UK businesses were, on average, subjected to almost 230,000 cyber attacks each during 2016, according to new analysis from Beaming, the specialist business ISP. The volume of attacks hitting individual company firewalls passed the 1,000 per day mark, on average, for the first time in November last year.
Hackers focusing on connected devices and the Internet of Things
While a third of attacks against UK businesses attempted to access company databases in the first quarter of 2016, cyber criminals have since shifted their focus to connected devices such as networked security cameras and building control systems that can be controlled remotely over the internet.
There was a 310 per cent increase in the volume of attacks seeking out Internet of Things devices between the first and final quarters of 2016. By the end of last year, more than 90 per cent of cyber attacks on UK businesses sought to take control of connected devices in the workplace.
More cybercriminals targeting UK businesses
Beaming’s analysis indicates that the number of inbound threats against UK businesses has grown during 2016. Beaming recorded a fivefold increase in the number of unique IP addresses used to launch attacks against UK businesses during 2016. More than 98 per cent originated from outside of the UK.
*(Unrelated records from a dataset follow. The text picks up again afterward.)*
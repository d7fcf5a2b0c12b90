-- ===== src/Cli/Sound.antt =====
-- What a command line that is accepted runs with.
use loadmaster.Prelude.{ℕ, ◌≡◌, refl, subst, List, [], ◌∷◌, Option, none, some, arith, Text}
use loadmaster.Prelude.Int.{ℤ}
use loadmaster.Prelude.Numbers.{
  IntResult, parsed, invalid_argument, result_out_of_range, IsInt, from_chars, from_chars-IsInt,
}
use loadmaster.Core.Options.{Setup, default_setup, process}
use loadmaster.Core.Options.Arguments.{CliArgument, no_arguments}
use loadmaster.Core.Options.Process.{HasInts, process-IsValid}
use loadmaster.Core.Options.Validity.{IsValid}
use loadmaster.Core.Options.Ensures.{Ensures, Ensures-map}
use loadmaster.Cli.Extract.{AllInts}
use loadmaster.Cli.{
  IntField, TextField, cpu_load, cpu_count, memory_mb, gpu_load, gpu_memory_mb, log_level,
  cpu_algorithm, gpu_indices, gpu_vendor, gpu_algorithm, Handler, print_usage, print_version,
  read_int, read_string_view, set_int, set_text, specs, find_spec, int_of, read_int_token,
  read_value, on_read, on_last, on_flag, on_processed, on_extracted, StepResult, continue, exit_ok,
  fail, extract, run_with, parse_command_line,
}

int_of-parsed : (r : IntResult) (v : ℤ) → int_of r ≡ some v → r ≡ parsed v []
unfolding int_of
int_of-parsed (parsed w []) v e = ground arith
int_of-parsed (parsed w (c ∷ rest)) v e = absurd ground arith
int_of-parsed invalid_argument v e = absurd ground arith
int_of-parsed result_out_of_range v e = absurd ground arith

read_int_token-IsInt : (t : Text) (v : ℤ) → read_int_token t ≡ some v → IsInt v
unfolding read_int_token
read_int_token-IsInt t v e = from_chars-IsInt t (int_of-parsed (from_chars t) v e)

set_int-AllInts :
    (f : IntField) (a : CliArgument) (v : ℤ) → AllInts a → IsInt v → AllInts (set_int f a v)
set_int-AllInts cpu_load a v h i = record {
  load = i;
  count = h.count;
  memory = h.memory;
  gpu = h.gpu;
  gpu_memory = h.gpu_memory;
}
set_int-AllInts cpu_count a v h i = record {
  load = h.load;
  count = i;
  memory = h.memory;
  gpu = h.gpu;
  gpu_memory = h.gpu_memory;
}
set_int-AllInts memory_mb a v h i = record {
  load = h.load;
  count = h.count;
  memory = i;
  gpu = h.gpu;
  gpu_memory = h.gpu_memory;
}
set_int-AllInts gpu_load a v h i = record {
  load = h.load;
  count = h.count;
  memory = h.memory;
  gpu = i;
  gpu_memory = h.gpu_memory;
}
set_int-AllInts gpu_memory_mb a v h i = record {
  load = h.load;
  count = h.count;
  memory = h.memory;
  gpu = h.gpu;
  gpu_memory = i;
}

set_text-AllInts :
    (f : TextField) (a : CliArgument) (t : Text) → AllInts a → AllInts (set_text f a t)
set_text-AllInts log_level a t h = record {
  load = h.load;
  count = h.count;
  memory = h.memory;
  gpu = h.gpu;
  gpu_memory = h.gpu_memory;
}
set_text-AllInts cpu_algorithm a t h = record {
  load = h.load;
  count = h.count;
  memory = h.memory;
  gpu = h.gpu;
  gpu_memory = h.gpu_memory;
}
set_text-AllInts gpu_indices a t h = record {
  load = h.load;
  count = h.count;
  memory = h.memory;
  gpu = h.gpu;
  gpu_memory = h.gpu_memory;
}
set_text-AllInts gpu_vendor a t h = record {
  load = h.load;
  count = h.count;
  memory = h.memory;
  gpu = h.gpu;
  gpu_memory = h.gpu_memory;
}
set_text-AllInts gpu_algorithm a t h = record {
  load = h.load;
  count = h.count;
  memory = h.memory;
  gpu = h.gpu;
  gpu_memory = h.gpu_memory;
}

read_value-AllInts :
    (h : Handler) (a : CliArgument) (t : Text) → AllInts a → Ensures AllInts (read_value h a t)
unfolding read_value
read_value-AllInts print_usage a t i = i
read_value-AllInts print_version a t i = i
read_value-AllInts (read_int f) a t i =
    Ensures-map AllInts _ (read_int_token t)
      (λ v e. set_int-AllInts f a v i (read_int_token-IsInt t v e))
read_value-AllInts (read_string_view f) a t i = set_text-AllInts f a t i

-- What a parse that goes on ensures.
abbrev Continues : (CliArgument → Type 0) → StepResult → Type 0
Continues P (continue a) = P a
Continues P exit_ok = Unit
Continues P fail = Unit

module _ (again : CliArgument → StepResult)
    (again-AllInts : (b : CliArgument) → AllInts b → Continues AllInts (again b)) where
  on_read-AllInts :
      (r : Option CliArgument) → Ensures AllInts r → Continues AllInts (on_read again r)
  on_read-AllInts none i = tt
  on_read-AllInts (some b) i = again-AllInts b i

  on_flag-AllInts :
      (a : CliArgument) (value : Text) (h : Option Handler)
      → AllInts a
      → Continues AllInts (on_flag again a value h)
  on_flag-AllInts a value none i = tt
  on_flag-AllInts a value (some print_usage) i = tt
  on_flag-AllInts a value (some print_version) i = tt
  on_flag-AllInts a value (some (read_int f)) i =
      on_read-AllInts (read_value (read_int f) a value) (read_value-AllInts (read_int f) a value i)
  on_flag-AllInts a value (some (read_string_view f)) i =
      on_read-AllInts (read_value (read_string_view f) a value)
        (read_value-AllInts (read_string_view f) a value i)

on_last-AllInts : (h : Option Handler) → Continues AllInts (on_last h)
on_last-AllInts none = tt
on_last-AllInts (some print_usage) = tt
on_last-AllInts (some print_version) = tt
on_last-AllInts (some (read_int f)) = tt
on_last-AllInts (some (read_string_view f)) = tt

extract-AllInts :
    (a : CliArgument) (argv : List Text) → AllInts a → Continues AllInts (extract a argv)
unfolding extract
extract-AllInts a [] i = i
extract-AllInts a (flag ∷ []) i = on_last-AllInts (find_spec flag specs)
extract-AllInts a (flag ∷ value ∷ more) i =
    on_flag-AllInts (λ b. extract b more) (λ b. extract-AllInts b more) a value
      (find_spec flag specs) i

no_arguments-AllInts : AllInts no_arguments
no_arguments-AllInts = record { load = tt; count = tt; memory = tt; gpu = tt; gpu_memory = tt }

AllInts-HasInts : (a : CliArgument) → AllInts a → HasInts a
AllInts-HasInts a i = record { memory = i.memory; gpu_memory = i.gpu_memory }

on_processed-IsValid :
    (core_count : ℕ) (a : CliArgument) (s : Setup) (r : Option Setup)
    → process core_count default_setup a ≡ r
    → AllInts a
    → on_processed r ≡ run_with s
    → IsValid core_count s.options
on_processed-IsValid core_count a s none p i e = absurd (ground arith)
on_processed-IsValid core_count a s (some t) p i e =
    let same : t ≡ s = cc e in
    subst (λ u. IsValid core_count u.options) same
      (process-IsValid core_count a (AllInts-HasInts a i) p)

on_extracted-IsValid :
    (core_count : ℕ) (r : StepResult) (s : Setup)
    → Continues AllInts r
    → on_extracted core_count r ≡ run_with s
    → IsValid core_count s.options
on_extracted-IsValid core_count fail s i e = absurd (ground arith)
on_extracted-IsValid core_count exit_ok s i e = absurd (ground arith)
on_extracted-IsValid core_count (continue a) s i e =
    on_processed-IsValid core_count a s (process core_count default_setup a) refl i e

-- A command line that is accepted to run, whatever its words, gives options that are in range and
-- reachable on the machine.
pub parse_command_line-IsValid :
    (core_count : ℕ) (argv : List Text) (s : Setup)
    → parse_command_line core_count argv ≡ run_with s
    → IsValid core_count s.options
unfolding parse_command_line
parse_command_line-IsValid core_count argv s e =
    on_extracted-IsValid core_count (extract no_arguments argv) s
      (extract-AllInts no_arguments argv no_arguments-AllInts) e
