-- ===== src/Cli/Tests.antt =====
-- Command lines, and the theorems at them.
use loadmaster.Prelude.{◌≡◌, refl, List, [], ◌∷◌, some, arith, Text, codes}
use loadmaster.Prelude.Int.{pos}
use loadmaster.Prelude.Numbers.{from_chars}
use loadmaster.Core.Options.Indices.{parse_gpu_indices}
use loadmaster.Core.Options.{Setup, default_options, process, warn}
use loadmaster.Core.Options.Arguments.{CliArgument, no_arguments}
use loadmaster.Core.Options.Validity.{IsValid}
use loadmaster.Cli.{extract, continue, exit_success, exit_failure, run_with, parse_command_line}
use loadmaster.Cli.Extract.{render, AllInts, extract-render}
use loadmaster.Cli.Sound.{parse_command_line-IsValid}

abbrev argv : List Text
argv = codes "-l" ∷ codes "150" ∷ codes "-gi" ∷ codes "2,0" ∷ []

abbrev running : Setup
running = record {
  options = record default_options { cpu_load = pos 150; gpu_indices = 2 ∷ 0 ∷ [] };
  level = warn;
}

parse_argv : parse_command_line 4 argv ≡ run_with running
unfolding parse_command_line process from_chars parse_gpu_indices
parse_argv = refl

parse_help :
    parse_command_line 4 (codes "-l" ∷ codes "1" ∷ codes "-h" ∷ codes "-x" ∷ []) ≡ exit_success
unfolding parse_command_line from_chars
parse_help = refl

parse_half : parse_command_line 4 (codes "-l" ∷ codes "1e3" ∷ []) ≡ exit_failure
unfolding parse_command_line from_chars
parse_half = refl

abbrev spelled : CliArgument
spelled = record no_arguments { cpu_load = some (pos 150); gpu_vendor = some (codes "amd") }

spelled-AllInts : AllInts spelled
spelled-AllInts = record {
  load = (omega arith, omega arith);
  count = tt;
  memory = tt;
  gpu = tt;
  gpu_memory = tt;
}

extract-render_example : extract no_arguments (render spelled) ≡ continue spelled
extract-render_example = extract-render spelled spelled-AllInts

parse_command_line-IsValid_example : IsValid 4 running.options
parse_command_line-IsValid_example = parse_command_line-IsValid 4 argv running parse_argv
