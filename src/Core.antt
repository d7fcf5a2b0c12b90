-- ===== src/Core.antt =====
-- src/core.
pub mod Options
pub mod Signals
pub mod Runtime
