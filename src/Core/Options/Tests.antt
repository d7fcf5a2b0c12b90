-- ===== src/Core/Options/Tests.antt =====
-- The checks of ProcessCliArguments on given arguments, and the theorems at them.
use loadmaster.Prelude.{ℕ, ◌≡◌, refl, List, [], ◌∷◌, none, some, arith, codes, ◌*◌}
use loadmaster.Prelude.Int.{pos}
use loadmaster.Prelude.Numbers.{from_chars}
use loadmaster.Core.Options.{Setup, default_options, default_setup, process, debug}
use loadmaster.Core.Options.Arguments.{CliArgument, no_arguments}
use loadmaster.Core.Options.Indices.{parse_gpu_indices}
use loadmaster.Core.Options.Indices.RoundTrip.{comma_list, parse-comma_list}
use loadmaster.Core.Options.Process.{HasInts, process_unreachable}

abbrev given : CliArgument
given = record no_arguments {
  cpu_load = some (pos 150);
  memory_mb = some (pos 64);
  log_level = some (codes "debug");
  gpu_indices = some (codes "2,0");
}

abbrev selected : List ℕ
selected = 2 ∷ 0 ∷ []

abbrev accepted : Setup
accepted = record {
  options = record default_options {
    cpu_load = pos 150;
    memory_bytes = pos (1048576 * 64);
    gpu_indices = 2 ∷ 0 ∷ [];
  };
  level = debug;
}

abbrev too_much : CliArgument
too_much = record no_arguments { cpu_load = some (pos 201); cpu_count = some (pos 2) }

process-given : process 4 default_setup given ≡ some accepted
unfolding process parse_gpu_indices from_chars
process-given = refl

parse_duplicates : parse_gpu_indices (codes "1,0,1") ≡ none
unfolding parse_gpu_indices from_chars
parse_duplicates = refl

parse_list : parse_gpu_indices (codes "2,0") ≡ some selected
unfolding parse_gpu_indices from_chars
parse_list = refl

given-HasInts : HasInts given
given-HasInts = record { memory = (omega arith, omega arith); gpu_memory = tt }

process_unreachable_example : process 8 default_setup too_much ≡ none
process_unreachable_example =
    process_unreachable 8 default_setup too_much 201 2 refl refl (omega arith) (omega arith)

parse-comma_list_example : parse_gpu_indices (comma_list (2 ∷ 0 ∷ [])) ≡ some (2 ∷ 0 ∷ [])
parse-comma_list_example =
    parse-comma_list 2 (0 ∷ []) (omega arith, (omega arith, tt)) (λ a. ground arith)
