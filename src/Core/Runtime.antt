-- ===== src/Core/Runtime.antt =====
-- The times of the main loop, src/core/runtime.cc. Times are nanoseconds of the steady clock.
mod Grid
pub mod Lifecycle
mod Tests
use loadmaster.Prelude.{ℕ, ◌+◌, ◌-◌, ◌*◌, ◌/◌}

-- `kScaleNs`: kScheduleIntervalMS in nanoseconds
abbrev pub scale_ns : ℕ
scale_ns = 100 * 1000000

unfoldable pub next_scheduling_time : ℕ → ℕ
next_scheduling_time start_ns =
    let next_ns = start_ns + scale_ns in
    let floored_ns = next_ns / scale_ns * scale_ns in start_ns + (floored_ns - start_ns)
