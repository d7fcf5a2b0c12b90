-- ===== src/Core/Runtime/Grid.antt =====
-- The ticks of the main loop stand on a grid.
use loadmaster.Prelude.{ℕ, ◌/◌, ◌≤◌, ◌<◌, List, [], ◌∷◌, arith}
use loadmaster.Core.Runtime.{scale_ns, next_scheduling_time}

-- Starts of ticks, each not before the time that the one before slept until.
abbrev pub SleepsBetween : List ℕ → Type 0
SleepsBetween [] = Unit
SleepsBetween (s ∷ []) = Unit
SleepsBetween (s ∷ t ∷ ts) = (next_scheduling_time s ≤ t) × SleepsBetween (t ∷ ts)

-- No two of the numbers are the same interval of the grid, and they are in order.
abbrev pub OneEach : List ℕ → Type 0
OneEach [] = Unit
OneEach (s ∷ []) = Unit
OneEach (s ∷ t ∷ ts) = (s / scale_ns < t / scale_ns) × OneEach (t ∷ ts)

-- However long the ticks take and however late the loop wakes up, no interval of the grid has two
-- ticks: a tick that runs over its interval delays the next one and never bunches it with others.
pub ticks-OneEach : (starts : List ℕ) → SleepsBetween starts → OneEach starts
unfolding next_scheduling_time
ticks-OneEach [] h = tt
ticks-OneEach (s ∷ []) h = tt
ticks-OneEach (s ∷ t ∷ ts) h = (omega (arith, h.0), ticks-OneEach (t ∷ ts) h.1)
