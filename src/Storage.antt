-- ===== src/Storage.antt =====
-- The storage engine, src/storage.
pub mod PageId
pub mod PageHeader
pub mod Page
pub mod Lru
pub mod Schema
pub mod RowSerializer
pub mod BufferPool
pub mod Catalog
pub mod CatalogMeta
pub mod RowStore
pub mod TableIterator
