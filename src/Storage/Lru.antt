-- ===== src/Storage/Lru.antt =====
-- src/storage/buffer/lru_replacer.h and lru_replacer.cpp: the LRU list with midpoint insertion.
-- The list between the sentinels is kept as its two parts: `young` from the head sentinel to the
-- midpoint, `old` from the midpoint to the tail sentinel. `nodes` is the map from a frame to its
-- node, with the node's `in_old`; a node that `unlink` has taken out has null links, and stands in
-- neither part. A step through a null link is `none`.
use mathlib.Core.Option.{Option, none, some}
pub mod Laws
mod Rebalance
pub mod Order
pub mod Evict
pub mod Members
pub mod Stuck
pub mod PinBug
mod Tests
use seeddb.Base.{
  ℕ, zero, suc, ◌+◌, ◌-◌, ◌*◌, ◌/◌, ◌%◌, ◌^◌, List, if◌then◌else◌, ltb, ◌∷◌, Bool, [], false, true,
  ◌==◌, max, ◌||◌,
}
use mathlib.Core.Option
use seeddb.Base.Int.{ℤ, pos, negsuc}

pub record LruReplacer : Type 0 where
  pub nodes : ℕ → Option Bool
  pub young : List ℕ
  pub old : List ℕ
  pub pool_size : ℕ
  pub target_old_size : ℕ
  pub young_size : ℕ
  pub old_size : ℕ

-- `std::clamp(old_pct, 5, 95)`
abbrev clamp_pct : ℤ → ℕ
clamp_pct (pos n) = if ltb n 5 then 5 else if ltb 95 n then 95 else n
clamp_pct (negsuc n) = 5

-- The constructor, with the product in `size_t`.
unfoldable pub make : ℕ → ℤ → LruReplacer
make pool_size old_pct = record {
  nodes = λ f. none;
  young = [];
  old = [];
  pool_size = pool_size;
  target_old_size = max 1 ((pool_size * clamp_pct old_pct) % 2 ^ 64 / 100);
  young_size = 0;
  old_size = 0;
}

-- `--n` on a `size_t`.
abbrev pub dec_size : ℕ → ℕ
dec_size n = if n == 0 then 2 ^ 64 - 1 else n - 1

unfoldable pub contains : List ℕ → ℕ → Bool
contains [] f = false
contains (x ∷ xs) f = x == f || contains xs f

pub remove : List ℕ → ℕ → List ℕ
remove [] f = []
remove (x ∷ xs) f = if x == f then xs else x ∷ remove xs f

abbrev pub set_node : (ℕ → Option Bool) → ℕ → Option Bool → ℕ → Option Bool
set_node nodes f v g = if f == g then v else nodes g

-- `unlink`: the node joins its two neighbours, which it must have.
unfoldable pub unlink : ℕ → LruReplacer → Option LruReplacer
unlink f s =
    if contains s.young f
    then some (record s { young = remove s.young f })
    else if contains s.old f
    then some (record s { old = remove s.old f })
    else none

-- `insertAfter(&midpoint_, node, true)`
abbrev pub insert_old : ℕ → LruReplacer → LruReplacer
insert_old f s = record s { old = f ∷ s.old; nodes = set_node s.nodes f (some true) }

-- `insertAfter(&sentinel_head_, node, false)`
abbrev pub insert_young : ℕ → LruReplacer → LruReplacer
insert_young f s = record s { young = f ∷ s.young; nodes = set_node s.nodes f (some false) }

-- The node before the end sentinel of a part, and the part without it; `none` for an empty part.
pub split_last : List ℕ → Option (List ℕ × ℕ)
split_last [] = none
split_last (x ∷ xs) = elim (split_last xs) [ none ↦ some ([], x) | some (ys, y) ↦ some (x ∷ ys, y) ]

-- One turn of the loop of `rebalance` when there is a young node.
abbrev demote : LruReplacer → List ℕ → ℕ → LruReplacer
demote s rest oldest =
    record (insert_old oldest (record s { young = rest; young_size = dec_size s.young_size })) {
      old_size = s.old_size + 1;
    }

-- `rebalance`: each turn lowers `young_size_`, the first argument, which must be positive.
pub rebalance_loop : ℕ → LruReplacer → LruReplacer
rebalance_loop zero s = s
rebalance_loop (suc n) s = elim (ltb s.target_old_size s.old_size) [
  | false ↦ s
  | true ↦ elim (split_last s.young) [
    | none ↦ s
    | some (rest, oldest) ↦ rebalance_loop n (demote s rest oldest)
  ]
]

pub rebalance : LruReplacer → LruReplacer
rebalance s = rebalance_loop s.young_size s

-- `Pin`. The node stays in `nodes`.
unfoldable pub pin : ℕ → LruReplacer → Option LruReplacer
pin f s = elim (s.nodes f) [
  | none ↦ some s
  | some in_old ↦
      Option.map
        (λ (t : LruReplacer).
          if in_old
          then record t { old_size = dec_size t.old_size }
          else record t { young_size = dec_size t.young_size })
        (unlink f s)
]

-- `Unpin`
unfoldable pub unpin : ℕ → LruReplacer → LruReplacer
unpin f s = elim (s.nodes f) [
  | some _ ↦ s
  | none ↦ rebalance (record (insert_old f s) { old_size = s.old_size + 1 })
]

-- `Access`
unfoldable pub access : ℕ → LruReplacer → Option LruReplacer
access f s = elim (s.nodes f) [
  | none ↦ some s
  | some in_old ↦
      Option.map
        (λ (t : LruReplacer).
          if in_old
          then rebalance (record (insert_young f (record t { old_size = dec_size t.old_size })) {
            young_size = t.young_size + 1;
          })
          else insert_young f t)
        (unlink f s)
]

-- `Evict`: the victim, if there is one, and the list after.
unfoldable pub evict : LruReplacer → Option (ℕ × LruReplacer)
evict s = elim (split_last s.old) [
  | some (rest, victim) ↦ some (
    victim,
    record s { old = rest; old_size = dec_size s.old_size; nodes = set_node s.nodes victim none },
  )
  | none ↦ elim (split_last s.young) [
    | some (rest, victim) ↦ some (
      victim,
      record s {
        young = rest;
        young_size = dec_size s.young_size;
        nodes = set_node s.nodes victim none;
      },
    )
    | none ↦ none
  ]
]

-- `Size`
unfoldable pub size : LruReplacer → ℕ
size s = s.young_size + s.old_size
Sonia Blizzard, managing director of Beaming, comments: “As an ISP, we can see what is happening on the internet and take steps to help businesses protect themselves and those they do business with. There are many more elements involved in cyber crime than a year ago. They are launching more sophisticated attacks on UK businesses and covering their tracks carefully.”
“The majority of internet cyber attacks are computer scripts that search the web for weaknesses and probe firewalls constantly for a way in. With the Internet of Things, businesses are punching holes in their own firewalls to provide suppliers with access to devices on their networks. This can open the door to criminals too if not done properly.
“It is imperative that companies regularly review their firewall policies to ensure they are as restrictive as possible and prioritise security over convenience. Once inside, it is relatively easy for hackers to take over connected devices and lie dormant before misusing those assets as part of a bigger hack or distributed denial of service attack at a later stage.
“The cyber threat is real and it is growing. Any business that is connected to the internet needs to take responsibility for cyber security at board level and ensure they are doing everything they can to ensure they don’t expose their people, assets, customers and business partners to greater risk. A modest investment in next generation firewalls, unified threat management devices and intrusion detection makes a lot of sense for most businesses today.”